Canada is losing another of its mid-cap public health-care companies, with the move to privatize Toronto-based contract drug maker Patheon Inc.

The company's majority shareholder, New York hedge fund JLL Partners, is partnering with giant Dutch health care company Royal DSM to buy out Patheon's minority shareholders for $9.32 (U.S.) per share, or about $9.72 (Canadian). Patheon will then be combined with Royal DSM's own contract drug making unit to create a company with about $2-billion in annual sales.

The announcement of the offer – which has been approved by a special committee of Patheon's board – drove the company's shares up more than 60 per cent on the Toronto Stock Exchange Tuesday. The stock had been trading at around $6 before the offer was made.
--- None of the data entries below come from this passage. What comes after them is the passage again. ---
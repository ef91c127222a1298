-- ===== src/Net/Server/Tests.antt =====
-- A server that accepts two connections, one of which fails, and the theorems at it.
use mmo_server.Common.{
  ℕ, ◌+◌, ◌^◌, ◌≤◌, ◌⊎◌, ◌<◌, ◌≡◌, ◌≢◌, refl, true, false, Option, none, some, List, [], ◌∷◌, ◌++◌,
  length, count, arith, sym, ap, subst,
}
use mmo_server.Net.{encode, decode_loop}
use mmo_server.Net.Connection
use mmo_server.Net.Connection.{max_pending_send_packets}
use mmo_server.Net.Server.{
  NetServer, construct, stop, send, poll_packet, connection_count, Event, run,
}
use mmo_server.Net.Server.Table.{IsValid}
use mmo_server.Net.Server.Lifecycle.{run-IsValid}
use mmo_server.Net.Server.Stopping.{with_object, send_outcome, stop_final, restart_accepts_none}

abbrev packet_bytes : List ℕ
packet_bytes = 1 ∷ 0 ∷ 0 ∷ 0 ∷ 9 ∷ 0 ∷ 5 ∷ []

abbrev events : List Event
events =
    Event.starts true
    ∷ Event.accepts
    ∷ Event.accepts
    ∷ Event.reads 2 packet_bytes
    ∷ Event.read_fails 1
    ∷ []

run-IsValid_example : (s : NetServer) × (run construct events ≡ some s) × IsValid s
run-IsValid_example = run-IsValid events (omega arith)

result_of : Option NetServer → NetServer
result_of none = construct
result_of (some s) = s

abbrev server : NetServer
server = result_of (run construct events)

server-IsValid : IsValid server
unfolding result_of
server-IsValid = subst IsValid (sym (ap result_of run-IsValid_example.1)) run-IsValid_example.2

server_running : server.running ≡ true
unfolding result_of run Connection.receive decode_loop
server_running = refl

server_table :
    (server.connections ≡ 2 ∷ [])
    × (server.inbound ≡ record { connection_id = 2; packet_id = 9; payload = 5 ∷ [] } ∷ [])
unfolding result_of run decode_loop Connection.receive
server_table = (refl, refl)

send_outcome_example :
    (((count 2 server.connections ≡ 0)
        ⊎ (max_pending_send_packets ≤ length (server.objects 2).send_queue))
      × (send server 2 7 [] ≡ (false, none, server)))
    ⊎ ((count 2 server.connections ≢ 0)
        × (length (server.objects 2).send_queue < max_pending_send_packets)
        × ((((server.objects 2).write_in_progress ≡ true)
              × (send server 2 7 [] ≡ (
                true,
                none,
                with_object server 2 (record (server.objects 2) {
                  send_queue = (server.objects 2).send_queue ++ encode 7 [] ∷ [];
                }),
              )))
            ⊎ (((server.objects 2).write_in_progress ≡ false)
                × ((first : List ℕ) × (rest : List (List ℕ)) × ((server.objects 2).send_queue
                        ++ encode 7 [] ∷ []
                      ≡ first ∷ rest)
                    × (send server 2 7 [] ≡ (
                      true,
                      some first,
                      with_object server 2 (record (server.objects 2) {
                        send_queue = rest;
                        write_in_progress = true;
                      }),
                    ))))))
send_outcome_example = send_outcome server 2 7 [] server-IsValid

stop_final_example :
    (connection_count (stop server) ≡ 0)
    × ((id : ℕ)
        → 0 < id
        → id < server.next_connection_id
        → ((stop server).objects id).connected ≡ false)
    × ((poll_packet (stop server)).0 ≡ none)
    × ((id packet_id : ℕ) (payload : List ℕ) → (send (stop server) id packet_id payload).0 ≡ false)
    × (stop (stop server) ≡ stop server)
stop_final_example = stop_final server server-IsValid server_running

server_ids : server.next_connection_id + 2 < 2 ^ 64
unfolding result_of run decode_loop Connection.receive
server_ids = omega arith

-- The stopped server starts again, and a client tries to connect.
abbrev restarted : NetServer
restarted = result_of (run (stop server) (Event.starts true ∷ Event.accepts ∷ []))

restarted-run :
    (run (stop server) (Event.starts true ∷ Event.accepts ∷ []) ≡ some restarted)
    × (restarted.running ≡ true)
unfolding result_of run stop Connection.receive decode_loop
restarted-run = (refl, refl)

restart_accepts_none_example :
    (s : NetServer) × (run (stop server) (Event.starts true ∷ Event.accepts ∷ []) ≡ some s)
    × (connection_count s ≡ 0)
restart_accepts_none_example =
    restart_accepts_none server (Event.starts true ∷ Event.accepts ∷ []) server-IsValid
      server_running server_ids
This is the latest in a series of go-private transactions that have diminished the ranks of mid to large cap Canadian health care stocks.
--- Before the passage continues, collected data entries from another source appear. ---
-- ===== src/Net/Tests.antt =====
-- Two packets that arrive in three pieces, and the theorems on the connection at them.
use mmo_server.Common.{ℕ, ◌≤◌, All, length, false, ◌≡◌, refl, some, List, [], ◌∷◌, arith}
use mmo_server.Net.Malformed.{decode_loop_ends}
use mmo_server.Net.{decode_loop, max_packet_size, ReceivedPacket, empty_packet, encode, decode}
use mmo_server.Net.Connection.{construct, receive_all}
use mmo_server.Net.Connection.Reading.{receive_all_packets}
use mmo_server.Net.Connection.Writing.{
  sends, completes, fails, disconnects, run, InStep, writes_in_order,
}

encode_two : encode 258 (7 ∷ 8 ∷ []) ≡ 2 ∷ 0 ∷ 0 ∷ 0 ∷ 2 ∷ 1 ∷ 7 ∷ 8 ∷ []
unfolding encode
encode_two = refl

abbrev first_packet : ReceivedPacket
first_packet = record { connection_id = 0; packet_id = 258; payload = 7 ∷ 8 ∷ [] }

abbrev second_packet : ReceivedPacket
second_packet = record { connection_id = 0; packet_id = 1; payload = [] }

abbrev pieces : List (List ℕ)
pieces = (2 ∷ 0 ∷ []) ∷ (0 ∷ 0 ∷ 2 ∷ 1 ∷ 7 ∷ 8 ∷ 0 ∷ []) ∷ (0 ∷ 0 ∷ 0 ∷ 1 ∷ 0 ∷ []) ∷ []

receive_all_packets_example :
    receive_all 100 (construct 3) [] pieces
    ≡ some (
      construct 3,
      record first_packet { connection_id = 3 } ∷ record second_packet { connection_id = 3 } ∷ [],
    )
unfolding encode
receive_all_packets_example =
    receive_all_packets 100 pieces (construct 3) [] (first_packet ∷ second_packet ∷ [])
      ((omega arith, omega arith), ((omega arith, omega arith), tt)) refl refl (omega arith)
      (omega arith)

writes_in_order_example : InStep (
    run
      (record { connection = construct 3; accepted = []; begun = [] })
      (sends 1 []
        ∷ sends 2 (5 ∷ [])
        ∷ completes
        ∷ sends 3 []
        ∷ fails
        ∷ sends 4 []
        ∷ disconnects
        ∷ []))
writes_in_order_example =
    writes_in_order 3 (
      sends 1 []
      ∷ sends 2 (5 ∷ [])
      ∷ completes
      ∷ sends 3 []
      ∷ fails
      ∷ sends 4 []
      ∷ disconnects
      ∷ [])

decode_loop_ends_example :
    (got : List ReceivedPacket) × (left : List ℕ) × (decode_loop 8 3
        (0 ∷ 0 ∷ 2 ∷ 0 ∷ 0 ∷ 0 ∷ 7 ∷ [])
      ≡ some (got, left))
    × All (λ p. (length p.payload ≤ max_packet_size) × (p.connection_id ≡ 3)) got
    × (length left ≤ 7)
    × (decode left empty_packet ≡ (false, empty_packet, left))
decode_loop_ends_example = decode_loop_ends 8 3 (0 ∷ 0 ∷ 2 ∷ 0 ∷ 0 ∷ 0 ∷ 7 ∷ []) (omega arith)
Two weeks ago specialty drug distributor Paladin Labs Inc. agreed to sell itself to Pennsylvania-based Endo Health Solutions Inc. in a deal valued at about $2-billion. And in October medical lab testing company CML HealthCare Inc. was absorbed by rival LifeLabs Medical Laboratory Services in a $1.2-billion deal.

Alan Ridgeway, an analyst at Paradigm Capital Inc. in Toronto, said the Canadian market now "has only a handful of true mid cap biotech companies," although he noted that some smaller companies are growing and moving into that space.
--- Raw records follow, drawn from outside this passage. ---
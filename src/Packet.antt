-- ===== src/Packet.antt =====
-- infrastructure/packet: PacketBuffer, PacketView, PacketWriter and PacketReader. A buffer is the
-- list of its bytes; a value of a trivially copyable type is its little-endian bytes. `none` is the
-- null pointer, and a pointer that is not null has at least the bytes that are asked for.
pub mod Bounds
pub mod RoundTrip
pub mod Reading
mod Tests
use mmo_server.Common.{
  ℕ, zero, suc, ◌+◌, ◌-◌, ◌*◌, ◌%◌, ◌^◌, Bool, true, false, not, Option, none, some, List, [], ◌∷◌,
  ◌++◌, length, take, drop, replicate, ltb, leb, ◌==◌, if◌then◌else◌, encode_le, decode_le, Result,
  returned, thrown, length_error,
}

abbrev pub max_packet_size : ℕ
max_packet_size = 64 * 1024

unfoldable pub is_valid_capacity : ℕ → Bool
is_valid_capacity size = leb size max_packet_size

-- What `reserve` allocates is not part of the state.
unfoldable pub construct : ℕ → Result (List ℕ)
unfolding is_valid_capacity
construct capacity = if not (is_valid_capacity capacity) then thrown length_error else returned []

unfoldable pub resize : List ℕ → ℕ → Result (List ℕ)
unfolding is_valid_capacity
resize buffer size =
    if not (is_valid_capacity size)
    then thrown length_error
    else returned (take size buffer ++ replicate (size - length buffer) 0)

unfoldable pub reserve : List ℕ → ℕ → Result (List ℕ)
unfolding is_valid_capacity
reserve buffer capacity =
    if not (is_valid_capacity capacity) then thrown length_error else returned buffer

abbrev pub clear : List ℕ → List ℕ
clear buffer = []

-- A writer with the buffer that it refers to.
pub record PacketWriter : Type 0 where
  pub buffer : List ℕ
  pub offset : ℕ

-- `memcpy` to an offset of the buffer.
abbrev pub overwrite : List ℕ → ℕ → List ℕ → List ℕ
overwrite buffer offset bytes = take offset buffer ++ (bytes ++ drop (offset + length bytes) buffer)

-- The writer after the copy into `buffer`.
abbrev pub copied : PacketWriter → List ℕ → ℕ → List ℕ → PacketWriter
copied w bytes size buffer = record {
  buffer = overwrite buffer w.offset bytes;
  offset = (w.offset + size) % 2 ^ 64;
}

unfoldable pub write_bytes : PacketWriter → Option (List ℕ) → ℕ → Result (Bool × PacketWriter)
unfolding resize
write_bytes w source size = if size == 0 then returned (true, w) else elim source [
  | none ↦ returned (false, w)
  | some bytes ↦
      let required = (w.offset + size) % 2 ^ 64 in
      if ltb max_packet_size required
      then returned (false, w)
      else if ltb (length w.buffer) required
      then elim (resize w.buffer required) [
        | thrown e ↦ thrown e
        | returned buffer ↦ returned (true, copied w (take size bytes) size buffer)
      ]
      else returned (true, copied w (take size bytes) size w.buffer)
]

-- `Write` of a value of `width` bytes.
unfoldable pub write : PacketWriter → ℕ → ℕ → Result (Bool × PacketWriter)
unfolding write_bytes
write w width value = write_bytes w (some (encode_le width value)) width

-- A string is not null here, and is empty where its length is 0.
unfoldable pub write_string : PacketWriter → List ℕ → Result (Bool × PacketWriter)
unfolding write write_bytes
write_string w str = elim (write w 4 (length str % 2 ^ 32)) [
  | thrown e ↦ thrown e
  | returned (wrote, w') ↦ elim wrote [
    | false ↦ returned (false, w')
    | true ↦ elim (write_bytes w' (some str) (length str)) [
      | thrown e ↦ thrown e
      | returned (copied, w'') ↦ elim copied [
        | false ↦ returned (false, record w'' { offset = w.offset })
        | true ↦ returned (true, w'')
      ]
    ]
  ]
]

unfoldable pub write_span : PacketWriter → Option (List ℕ) → ℕ → Result (Bool × PacketWriter)
unfolding write_bytes
write_span w source size = write_bytes w source size

unfoldable pub reset : PacketWriter → PacketWriter
reset w = record w { offset = 0 }

-- A view is the bytes that it covers, `none` for a null pointer of size 0.
pub record PacketView : Type 0 where
  pub data_bytes : Option (List ℕ)
  pub size : ℕ

unfoldable pub sub_view : PacketView → ℕ → ℕ → PacketView
sub_view v offset size =
    if ltb v.size offset
    then record { data_bytes = none; size = 0 }
    else if ltb (v.size - offset) size
    then record { data_bytes = none; size = 0 }
    else record {
      data_bytes = elim v.data_bytes [ none ↦ none | some bytes ↦ some (drop offset bytes) ];
      size = size;
    }

-- A reader of a view that is not null.
pub record PacketReader : Type 0 where
  pub view : List ℕ
  pub offset : ℕ

abbrev pub remaining_bytes : PacketReader → ℕ
remaining_bytes r = length r.view - r.offset

-- ReadBytes to a destination that is not null: the bytes that it writes there, `none` for the return
-- value false.
unfoldable pub read_bytes : PacketReader → ℕ → Option (List ℕ) × PacketReader
read_bytes r size =
    if size == 0
    then (none, r)
    else if ltb (remaining_bytes r) size
    then (none, r)
    else (some (take size (drop r.offset r.view)), record r { offset = r.offset + size })

unfoldable pub read : PacketReader → ℕ → Option ℕ × PacketReader
unfolding read_bytes
read r width =
    let (bytes, r') = read_bytes r width in
    elim bytes [ none ↦ (none, r') | some bs ↦ (some (decode_le bs), r') ]

unfoldable pub read_string : PacketReader → Option (List ℕ) × PacketReader
unfolding read
read_string r =
    let (value, r') = read r 4 in
    elim value [
      | none ↦ (none, r')
      | some len ↦
          if ltb (remaining_bytes r') len
          then (none, record r' { offset = r.offset })
          else (some (take len (drop r'.offset r'.view)), record r' { offset = r'.offset + len })
    ]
Under the complex Patheon takeover deal, JLL and Royal DSM will set up a new holding company that has yet to be named. JLL will hold 51 per cent and Royal DSM – a European manufacturing giant that makes everything from biomedical devices to food supplements to thermoplastics – will hold 49 per cent.

Patheon's business, which develops and manufactures drugs for other pharmaceutical companies, will be folded in with Royal DSM's similar business, called DSM Pharmaceutical Products. The new company will have 8,300 employees, and 23 offices in North America, Europe Latin America and Australia.

The two companies are "highly complementary, Royal DSM's chief financial officer Rolf-Dieter Schwalb told analysts on a conference call. "After a successful completion of the transaction [the new company] will have an unmatched end-to-end offering from drug products to active substances," he said.

Patheon's chief executive officer Jim Mullen will become CEO of the new entity. He said on a conference call that the company's customers "have indicated a strong desire to streamline their outsourcing network" so it made sense to combine Patheon with another firm. Customers "want to work with fewer companies with broader capabilities and capacity," he said.

Because DSM is in a similar business, it "is a very logical strategic partner," Mr. Mullen said.

This is not the first time JLL has tried to take Patheon private. In 2009 it tried to buy the company for $2 per share, but Patheon's management and board resisted and there was a prolonged proxy fight. Still, JLL built up its a majority stake during that process.

The current deal for Patheon is set to close in the first half of 2014, but it still needs a variety if regulatory, legal and shareholder approvals.